Votre conseiller pôle emploi de 2021,

John Cary. »

 

    A la lecture du mail, le visage d’Allan Fischer se figea. Il était sûr d’avoir déjà croisé cet homme qui prétendait être son conseiller pôle emploi de 2275. C’était son ancien manager de Panavi. Mais il n’était pas sensé le rencontrer à sa sortie du métro. Pourquoi celui-ci l’avait envoyé en 5725 ? Pour une vengeance personnelle probablement. Allan se souvint qu’il avait fait gaspiller des tonnes de pate à croissant juste pour se faire virer et toucher des allocations chômage ensuite et que dans la foulée son ancien manager avait subi le même sort. Il craignait à présent le pire quant à l’année où il avait été envoyé.

 

    Le métro s’arrêta à la station 5725. Les portes grises s’ouvrirent et Allan Fisher fit ses premiers pas dans cette nouvelle station d’un air craintif. La station ne ressemblait plus du tout à celle de 2275. Les magnifiques piliers dorés avaient été criblés de balles ou tagués. Les candélabres avaient été volés. La station était sale et semblait abandonnée. Mais Allan Fisher aperçut un homme en train de dormir par terre sous plusieurs papiers journaux :

- Monsieur ! Réveillez-vous ! dit Allan Fisher en secouant le clochard.

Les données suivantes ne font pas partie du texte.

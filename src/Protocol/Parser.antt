-- ===== src/Protocol/Parser.antt =====
-- The parser of uWebSockets/src/WebSocketProtocol.h: consumeMessage, consumeContinuation, consume.
-- `src` and `length` are one list, what is left of the buffer. The parser unmasks in place, over
-- bytes that it has read; what it writes is what it hands to its owner.
pub mod Invariant
pub mod Preserve
pub mod Loop
use eiows.Common.{
  ℕ, zero, suc, ◌+◌, ◌-◌, ◌*◌, ◌%◌, ◌^◌, bit_and, Bool, true, false, not, ◌&&◌, ◌||◌, List, [], ◌∷◌,
  ◌++◌, leb, ltb, ◌==◌, if◌then◌else◌, Bytes, length, take, drop,
}
use eiows.Protocol.Ascii.{Simd}
use eiows.Protocol.Frame.{
  byte_at, is_fin, is_masked, get_op_code, payload_length, rsv23, rsv1, read_uint16_be,
  read_uint64_be, nonzero, short_message_header, medium_message_header, long_message_header,
}
use eiows.Protocol.Mask.{Mask, unmask, unmask_remaining, rotate_mask}
use eiows.Protocol.OpCode
use eiows.Protocol.State.{
  WebSocketState, current_op_code, push_op_code, pop_op_code, store_spill, Hooks,
}

-- What consumeMessage returns: true, or false with the bytes behind the message. For
-- consumeContinuation it is the other way round.
pub data Outcome (C : Type 0) : Type 0 where
  finished : WebSocketState → C → Outcome C
  more : Bytes → WebSocketState → C → Outcome C

-- A guard of consumeMessage: the state so far, and whether the parser goes on with it.
pub record Guard : Type 0 where
  pub go : Bool
  pub state : WebSocketState

abbrev pass : WebSocketState → Guard
pass w = record { go = true; state = w }

abbrev fault : WebSocketState → Guard
fault w = record { go = false; state = w }

-- A message must not begin inside another one, nor be continued where none has begun.
pub check_fragmentation : ℕ → Bool → WebSocketState → Guard
check_fragmentation op_code fin w =
    if op_code == OpCode.text || op_code == OpCode.binary
    then if w.fragmented_message then fault w else pass (record w { fragmented_message = not fin })
    else if op_code == OpCode.continuation
    then if not w.fragmented_message
      then fault w
      else pass (if fin then record w { fragmented_message = false } else w)
    else pass w

pub check_op_stack : ℕ → WebSocketState → Guard
check_op_stack op_code w =
    if nonzero op_code
    then if w.op_stack == 2 then fault w else pass (push_op_code op_code w)
    else if w.op_stack == 0
    then fault w
    else pass w

-- memcpy of the four bytes of the mask
abbrev pub read_mask : Bytes → Mask
read_mask src = record {
  m0 = byte_at src 0;
  m1 = byte_at src 1;
  m2 = byte_at src 2;
  m3 = byte_at src 3;
}

-- The other tests on the first two bytes.
pub invalid_header : Bytes → Bool
invalid_header src =
    let op_code = get_op_code src in
    rsv23 src
    || (ltb 2 op_code && ltb op_code 8)
    || ltb 10 op_code
    || (ltb 2 op_code && (not (is_fin src) || ltb 125 (payload_length src)))

-- if (length & 3) rotateMask(...), which the early return for `stop` skips.
abbrev pub next_mask : Bool → ℕ → Mask → Mask
next_mask stop n mask =
    if not stop && nonzero (bit_and n 3) then rotate_mask (4 - bit_and n 3) mask else mask

module _ {C : Type 0} (hooks : Hooks C) (simd : Simd) where
  open hooks use {refuse_payload_length, set_compressed, force_close, handle_fragment}

  -- opCode <= BINARY && refusePayloadLength(...)
  pub refuses : ℕ → ℕ → C → Bool × C
  refuses op_code pay_length c =
      if leb op_code OpCode.binary then refuse_payload_length pay_length c else (false, c)

  -- The frame lies in the buffer whole.
  pub whole_message : ℕ → ℕ → Bool → Bytes → WebSocketState → C → Outcome C
  whole_message pay_length header fin src w c =
      let mask = read_mask (drop (header - 4) src) in
      let payload = unmask simd mask (take pay_length (drop header src)) in
      let (stop, c') = handle_fragment payload 0 (current_op_code w) fin c in
      if stop
      then finished w c'
      else more (drop (pay_length + header) src)
          (record (if fin then pop_op_code w else w) { spill_length = 0 }) c'

  -- The buffer ends inside the payload.
  pub first_part : ℕ → ℕ → Bool → Bytes → WebSocketState → C → Outcome C
  first_part pay_length header fin src w c =
      let mask = read_mask (drop (header - 4) src) in
      let payload = unmask simd mask (drop header src) in
      let remaining = (pay_length + header - length src) % 2 ^ 32 in
      let (_, c') = handle_fragment payload remaining (current_op_code w) fin c in
      finished
        (record w {
          spill_length = 0;
          wants_head = false;
          remaining_bytes = remaining;
          mask = rotate_mask (4 - bit_and (length src - header) 3) mask;
        })
        c'

  pub consume_message : ℕ → ℕ → Bytes → WebSocketState → C → Outcome C
  consume_message pay_length header src w c =
      let op_code = get_op_code src in
      let fin = is_fin src in
      let begun = check_fragmentation op_code fin w in
      let stacked = check_op_stack op_code begun.state in
      let w' = record stacked.state { last_fin = fin } in
      let (refused, c') = refuses op_code pay_length c in
      if not begun.go
      then finished begun.state (force_close c)
      else if not stacked.go
      then finished stacked.state (force_close c)
      else if refused
      then finished w' (force_close c')
      else if leb (pay_length + header) (length src)
      then whole_message pay_length header fin src w' c'
      else first_part pay_length header fin src w' c'

  -- The rest of the payload lies in the buffer whole.
  pub last_part : Bytes → WebSocketState → C → Outcome C
  last_part src w c =
      let payload = unmask_remaining simd w.mask (take w.remaining_bytes src) in
      let (stop, c') = handle_fragment payload 0 (current_op_code w) w.last_fin c in
      if stop
      then finished w c'
      else more (drop w.remaining_bytes src)
          (record (if w.last_fin then pop_op_code w else w) { wants_head = true }) c'

  -- The buffer ends inside the payload again.
  pub middle_part : Bytes → WebSocketState → C → Outcome C
  middle_part src w c =
      let payload = unmask simd w.mask src in
      let rest = w.remaining_bytes - length src in
      let (stop, c') = handle_fragment payload rest (current_op_code w) w.last_fin c in
      finished (record w { remaining_bytes = rest; mask = next_mask stop (length src) w.mask }) c'

  pub consume_continuation : Bytes → WebSocketState → C → Outcome C
  consume_continuation src w c =
      if leb w.remaining_bytes (length src) then last_part src w c else middle_part src w c

  -- rsv1(src) && (opCode == 0 || opCode > 2 || !setCompressed(...))
  pub invalid_compressed_frame : Bytes → C → Bool × C
  invalid_compressed_frame src c =
      let op_code = get_op_code src in
      let (set, c') = set_compressed c in
      if rsv1 src
      then if op_code == 0 || ltb 2 op_code then (true, c) else (not set, c')
      else (false, c)

  -- The payload's length, by the length field.
  pub consume_by_length : Bytes → WebSocketState → C → Outcome C
  consume_by_length src w c =
      let medium = read_uint16_be (drop 2 src) in
      let long = read_uint64_be (drop 2 src) in
      if ltb (payload_length src) 126
      then consume_message (payload_length src) short_message_header src w c
      else if payload_length src == 126
      then if ltb medium 126
        then finished w (force_close c)
        else consume_message medium medium_message_header src w c
      else if nonzero (bit_and long (2 ^ 63)) || leb long 0xffff
      then finished w (force_close c)
      else consume_message long long_message_header src w c

  -- One round of the loop, once the header is there whole.
  pub consume_frame : Bytes → WebSocketState → C → Outcome C
  consume_frame src w c =
      let (invalid, c') = invalid_compressed_frame src c in
      if not (is_masked src) || invalid || invalid_header src
      then finished w (force_close c')
      else consume_by_length src w c'

-- headerLength
pub header_length : Bytes → ℕ
header_length src =
    if ltb (payload_length src) 126
    then short_message_header
    else if payload_length src == 126
    then medium_message_header
    else long_message_header

-- The loop's test, and the break out of it.
pub has_header : Bytes → Bool
has_header src = leb short_message_header (length src) && leb (header_length src) (length src)

module _ {C : Type 0} (hooks : Hooks C) (simd : Simd) where
  -- parseNext. A round takes six bytes at least, so `length src` rounds are enough.
  pub parse_next : ℕ → Bytes → WebSocketState → C → WebSocketState × C
  parse_next zero src w c = (store_spill src w, c)
  parse_next (suc fuel) src w c = elim (has_header src) [
    | false ↦ (store_spill src w, c)
    | true ↦ elim (consume_frame hooks simd src w c) [
      | finished w' c' ↦ (w', c')
      | more src' w' c' ↦ parse_next fuel src' w' c'
    ]
  ]

  -- goto parseNext, where the frame has been read to its end.
  pub continue_with : Outcome C → WebSocketState × C
  continue_with (finished w c) = (w, c)
  continue_with (more src w c) = parse_next (length src) src w c

  pub consume : Bytes → WebSocketState → C → WebSocketState × C
  consume src w c =
      let src' = if nonzero w.spill_length then take w.spill_length w.spill ++ src else src in
      if w.wants_head
      then parse_next (length src') src' w c
      else continue_with (consume_continuation hooks simd src' w c)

- Humm… Vous êtes qui vous ?

- Un demandeur d’emploi qui a été envoyé ici par erreur. Que s’est-il passé ici ?

 

    Le clochard se releva péniblement et après avoir repris ses esprits après ce réveil difficile et lui raconta ce qu’il s’était passé :

- Ce qu’il s’est passé ? Eh bien c’est la fin du monde mon pauvre ami. En tout cas la fin de notre monde depuis que les épouvantails communistes ont fait la révolution après que les écrits de Karl Epouvantarx ont entrainés cette révolte. Les humains ont été en exterminés en masse. Certains ont été empalés vivants et placés dans des champs pour qu’ils prennent l’ancienne place occupée par les épouvantails. A présent, ils traquent les derniers humains qui se cachent où ils peuvent pour survivre.

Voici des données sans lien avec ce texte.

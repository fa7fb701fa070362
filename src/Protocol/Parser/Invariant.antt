-- ===== src/Protocol/Parser/Invariant.antt =====
-- What the parser's state is between two reads, and that every read keeps it so until the owner
-- closes the connection.
use eiows.Common.{
  ℕ, ◌+◌, ◌^◌, ◌≤◌, ◌<◌, ◌≡◌, ◌⊎◌, inl, inr, Bool, true, false, not, ◌||◌, arith, ltb, ◌==◌,
  if◌then◌else◌, Bool-cases, Bytes, length,
}
use eiows.Protocol.Frame.{is_fin, get_op_code, payload_length}
use eiows.Protocol.Parser.{
  Outcome, finished, more, check_fragmentation, check_op_stack, invalid_header, has_header,
  header_length,
}
use eiows.Protocol.State.{WebSocketState, current_op_code, push_op_code, pop_op_code, Hooks}

abbrev pub IsData : ℕ → Type 0
IsData op = (op ≡ 1) ⊎ (op ≡ 2)

abbrev pub IsControl : ℕ → Type 0
IsControl op = (op ≡ 8) ⊎ (op ≡ 9) ⊎ (op ≡ 10)

-- Between two frames: no message has begun, or a data message waits for its next frame.
pub data Between (w : WebSocketState) : Type 0 where
  idle : w.op_stack ≡ 0 → w.fragmented_message ≡ false → Between w
  fragmented : w.op_stack ≡ 1 → w.fragmented_message ≡ true → IsData w.op_code0 → Between w

-- Inside a payload: of a data frame, of a control frame, or of a control frame inside a message.
pub data Inside (w : WebSocketState) : Type 0 where
  in_data : w.op_stack ≡ 1 → w.fragmented_message ≡ not w.last_fin → IsData w.op_code0 → Inside w
  in_control :
      w.op_stack ≡ 1
      → w.fragmented_message ≡ false
      → w.last_fin ≡ true
      → IsControl w.op_code0
      → Inside w
  in_nested :
      w.op_stack ≡ 2
      → w.fragmented_message ≡ true
      → w.last_fin ≡ true
      → IsData w.op_code0
      → IsControl w.op_code1
      → Inside w

-- A payload of so many bytes may be handed over: a data message has at most `limit`, a control
-- frame is whole and has at most 125.
abbrev pub Fits : ℕ → ℕ → ℕ → Bool → Type 0
Fits limit size op_code fin =
    (IsData op_code × (size ≤ limit)) ⊎ (IsControl op_code × (fin ≡ true) × (size ≤ 125))

abbrev pub Place : ℕ → Bool → WebSocketState → Type 0
Place limit true w = Between w
Place limit false w =
    Inside w
    × (w.spill_length ≡ 0)
    × (0 < w.remaining_bytes)
    × Fits limit w.remaining_bytes (current_op_code w) w.last_fin

pub record IsValid (limit : ℕ) (w : WebSocketState) : Type 0 where
  pub spill_fits : w.spill_length ≤ 13
  pub place : Place limit w.wants_head w

-- What the parser and its owner promise each other: the owner's state is `closed` once it was told
-- to close the connection or has asked the parser to stop, its invariant `Holds` at all times, and
-- it accepts payloads of data frames up to `limit`.
pub record Contract (C : Type 0) : Type 1 where
  pub closed : C → Bool
  pub Holds : C → Type 0
  pub limit : ℕ

pub record HookLaws {C : Type 0} (hooks : Hooks C) (k : Contract C) : Type 0 where
  pub limit_fits : k.limit < 2 ^ 32
  pub force_close-closed : (c : C) → k.closed (hooks.force_close c) ≡ true
  pub force_close-Holds : (c : C) → k.Holds c → k.Holds (hooks.force_close c)
  pub set_compressed-Holds : (c : C) → k.Holds c → k.Holds (hooks.set_compressed c).1
  pub refuse_payload_length-Holds :
      (n : ℕ) (c : C) → k.Holds c → k.Holds (hooks.refuse_payload_length n c).1
  pub not_refused-fits :
      (n : ℕ) (c : C) → k.Holds c → (hooks.refuse_payload_length n c).0 ≡ false → n ≤ k.limit
  pub handle_fragment-closed :
      (payload : Bytes) (remaining op_code : ℕ) (fin : Bool) (c : C)
      → k.Holds c
      → Fits k.limit (length payload + remaining) op_code fin
      → (hooks.handle_fragment payload remaining op_code fin c).0 ≡ true
      → k.closed (hooks.handle_fragment payload remaining op_code fin c).1 ≡ true
  pub handle_fragment-Holds :
      (payload : Bytes) (remaining op_code : ℕ) (fin : Bool) (c : C)
      → k.Holds c
      → Fits k.limit (length payload + remaining) op_code fin
      → k.Holds (hooks.handle_fragment payload remaining op_code fin c).1

-- The header tests leave these opcodes, and control frames whole and short.
pub data Opens (op : ℕ) (fin : Bool) : Type 0 where
  opens_data : (op ≡ 0) ⊎ IsData op → Opens op fin
  opens_control : IsControl op → fin ≡ true → Opens op fin

pub invalid_header-Opens :
    (src : Bytes) → invalid_header src ≡ false → Opens (get_op_code src) (is_fin src)
unfolding invalid_header
invalid_header-Opens src h = elim (Bool-cases (ltb 2 (get_op_code src))) [
  | inl control ↦ opens_control (ground arith) (ground arith)
  | inr not_control ↦ opens_data (ground arith)
]

pub control-short :
    (src : Bytes) → invalid_header src ≡ false → 2 < get_op_code src → payload_length src ≤ 125
unfolding invalid_header
control-short src h k = ground arith

pub has_header-le :
    (src : Bytes)
    → has_header src ≡ true
    → (if ltb (payload_length src) 126 then 6 else if payload_length src == 126 then 8 else 14)
      ≤ length src
unfolding has_header header_length
has_header-le src h = ground arith

pub invalid_parts : (a b d : Bool) → (a || b || d) ≡ false → d ≡ false
invalid_parts a b d h = ground arith

-- The state behind both guards: the frame's message is on top of the stack.
pub guards-Inside :
    (op : ℕ) (fin : Bool) (w : WebSocketState)
    → Between w
    → Opens op fin
    → (check_fragmentation op fin w).go ≡ true
    → (check_op_stack op (check_fragmentation op fin w).state).go ≡ true
    → Inside
        (record (check_op_stack op (check_fragmentation op fin w).state).state { last_fin = fin })
unfolding check_fragmentation check_op_stack push_op_code
guards-Inside op fin w (idle s f) (opens_data (inl e)) g k = absurd (ground arith)
guards-Inside op fin w (idle s f) (opens_data (inr e)) g k =
    in_data (ground arith) (ground arith) (ground arith)
guards-Inside op fin w (idle s f) (opens_control e l) g k =
    in_control (ground arith) (ground arith) (ground arith) (ground arith)
guards-Inside op fin w (fragmented s f d) (opens_data (inl e)) g k =
    in_data (ground arith) (ground arith) (ground arith)
guards-Inside op fin w (fragmented s f d) (opens_data (inr e)) g k = absurd (ground arith)
guards-Inside op fin w (fragmented s f d) (opens_control e l) g k =
    in_nested (ground arith) (ground arith) (ground arith) (ground arith) (ground arith)

-- The payload of the frame that passed both guards fits, as its length was tested.
pub guards-Fits :
    (limit n op : ℕ) (fin : Bool) (w : WebSocketState)
    → Between w
    → Opens op fin
    → (check_fragmentation op fin w).go ≡ true
    → (check_op_stack op (check_fragmentation op fin w).state).go ≡ true
    → (op ≤ 2 → n ≤ limit)
    → (2 < op → n ≤ 125)
    → Fits limit n
        (current_op_code (record (check_op_stack op (check_fragmentation op fin w).state).state {
          last_fin = fin;
        }))
        fin
unfolding check_fragmentation check_op_stack push_op_code current_op_code
guards-Fits limit n op fin w (idle s f) (opens_data (inl e)) g k d c = absurd (ground arith)
guards-Fits limit n op fin w (idle s f) (opens_data (inr e)) g k d c =
    inl (ground arith, ground arith)
guards-Fits limit n op fin w (idle s f) (opens_control e l) g k d c =
    inr (ground arith, l, ground arith)
guards-Fits limit n op fin w (fragmented s f t) (opens_data (inl e)) g k d c =
    inl (ground arith, ground arith)
guards-Fits limit n op fin w (fragmented s f t) (opens_data (inr e)) g k d c = absurd (ground arith)
guards-Fits limit n op fin w (fragmented s f t) (opens_control e l) g k d c =
    inr (ground arith, l, ground arith)

pub guards_head :
    (op : ℕ) (fin : Bool) (w : WebSocketState)
    → (check_op_stack op (check_fragmentation op fin w).state).state.wants_head ≡ w.wants_head
unfolding check_fragmentation check_op_stack push_op_code
guards_head op fin w = ground arith

-- At the end of a frame's payload.
pub pop_op_code-Between :
    (w : WebSocketState) → Inside w → Between (if w.last_fin then pop_op_code w else w)
unfolding pop_op_code
pop_op_code-Between w (in_data s f d) = elim (Bool-cases w.last_fin) [
  | inl fin ↦ rw fin (idle (ground arith) (ground arith))
  | inr more' ↦ rw more' (fragmented s (ground arith) d)
]
pop_op_code-Between w (in_control s f l d) = rw l (idle (ground arith) (ground arith))
pop_op_code-Between w (in_nested s f l d c) =
    rw l (fragmented (ground arith) (ground arith) (ground arith))

-- The states after any part of the parser: the owner's invariant holds, and the parser's state is
-- valid, unless the owner has closed.
abbrev pub Sound : {C : Type 0} → Contract C → WebSocketState → C → Type 0
Sound k w c = k.Holds c × ((k.closed c ≡ true) ⊎ IsValid k.limit w)

abbrev pub SoundOutcome : {C : Type 0} → Contract C → Outcome C → Type 0
SoundOutcome k (finished w c) = Sound k w c
SoundOutcome k (more src w c) =
    k.Holds c × Between w × (w.wants_head ≡ true) × (w.spill_length ≤ 13)

pub Between-ext :
    (w : WebSocketState) (n : ℕ) (b : Bool)
    → Between w
    → Between (record w { spill_length = n; wants_head = b })
Between-ext w n b (idle s f) = idle s f
Between-ext w n b (fragmented s f d) = fragmented s f d

pub pop_op_code_head :
    (w : WebSocketState) → (if w.last_fin then pop_op_code w else w).wants_head ≡ w.wants_head
unfolding pop_op_code
pop_op_code_head w = ground arith

pub pop_op_code_spill :
    (w : WebSocketState) → (if w.last_fin then pop_op_code w else w).spill_length ≡ w.spill_length
unfolding pop_op_code
pop_op_code_spill w = ground arith

pub Inside-ext :
    (w v : WebSocketState)
    → w.op_stack ≡ v.op_stack
    → w.fragmented_message ≡ v.fragmented_message
    → w.last_fin ≡ v.last_fin
    → w.op_code0 ≡ v.op_code0
    → w.op_code1 ≡ v.op_code1
    → Inside w
    → Inside v
Inside-ext w v s f l p q (in_data a b d) = in_data (ground arith) (ground arith) (ground arith)
Inside-ext w v s f l p q (in_control a b k d) =
    in_control (ground arith) (ground arith) (ground arith) (ground arith)
Inside-ext w v s f l p q (in_nested a b k d e) =
    in_nested (ground arith) (ground arith) (ground arith) (ground arith) (ground arith)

- Mon dieu ! Cet enfoiré savait très bien ce qu’il faisait en m’envoyant ici !

- De qui parlez-vous ?

- De rien, excusez moi. Il faut absolument que je reparte vers le passé !

- Vous ne pouvez pas bougre d’andouille ! La ligne de retour a été détruite après une grosse bataille qui s’est déroulée dans cette station. Vous ne pouvez pas repartir.

- Ça veut dire que je ne pourrai jamais revenir dans mon époque ?

- Pas forcément. Ecoutez, ça ne se voit pas vu mon accoutrement, mais je suis un ancien chercheur en physique quantique. A l’époque où je travaillais, de nombreuses théories commençaient à apparaitre sur le déroulement du temps. Plusieurs chercheurs affirmaient qu’il était possible que le temps soit cyclique, c’est-à-dire qu’il forme un cercle. Donc votre seul espoir est de reprendre ce métro et de continuer jusqu’à aller au bout du cycle temporel de l’univers. Vous finirez par rejoindre le bout du cercle et revenir donc au point 0 du temps, c’est-à-dire à la formation du big bang. Vous pourrez ensuite vous rendre à votre époque.

- Donc je dois reprendre le métro en espérant que le temps ne soit pas continu mais fasse une boucle sur lui-même pour revenir à mon époque ? Mais c’est de la folie !

- Vous n’avez pas le choix. Vous préférez rester ici à vous faire persécuter par des épouvantails ? Alors repartez et filez mon ami !

 

    Allan Fischer repartit donc vers le métro, totalement abasourdi par la situation dans laquelle il se trouvait. Il refranchit les portes grises de la rame, mais le métro ne repartait pas. Il décida donc de se diriger vers la cabine du conducteur. Une fois arrivé, il ouvrit la porte de la cabine, mais le conducteur n’était plus là. Son regard se dirigea alors vers la voie du métro. Et il vit le conducteur en plein milieu, empalé et semblant toujours vivant. Le conducteur le vit et lui fit un bref signe de la tête signifiant qu’il devait fuir très vite. Allan Fischer s’assit donc sur le siège et démarra le métro, écrasant au passage l’ancien conducteur empalé sur la voie. Il ne lui restait plus qu’à conduire tout droit vers le futur étant donné qu’un retour en arrière était à présent impossible à cause de la destruction de la voie de retour. Et à espérer que le temps soit cyclique pour qu’il puisse rentrer chez lui. Il était à présent en CDI.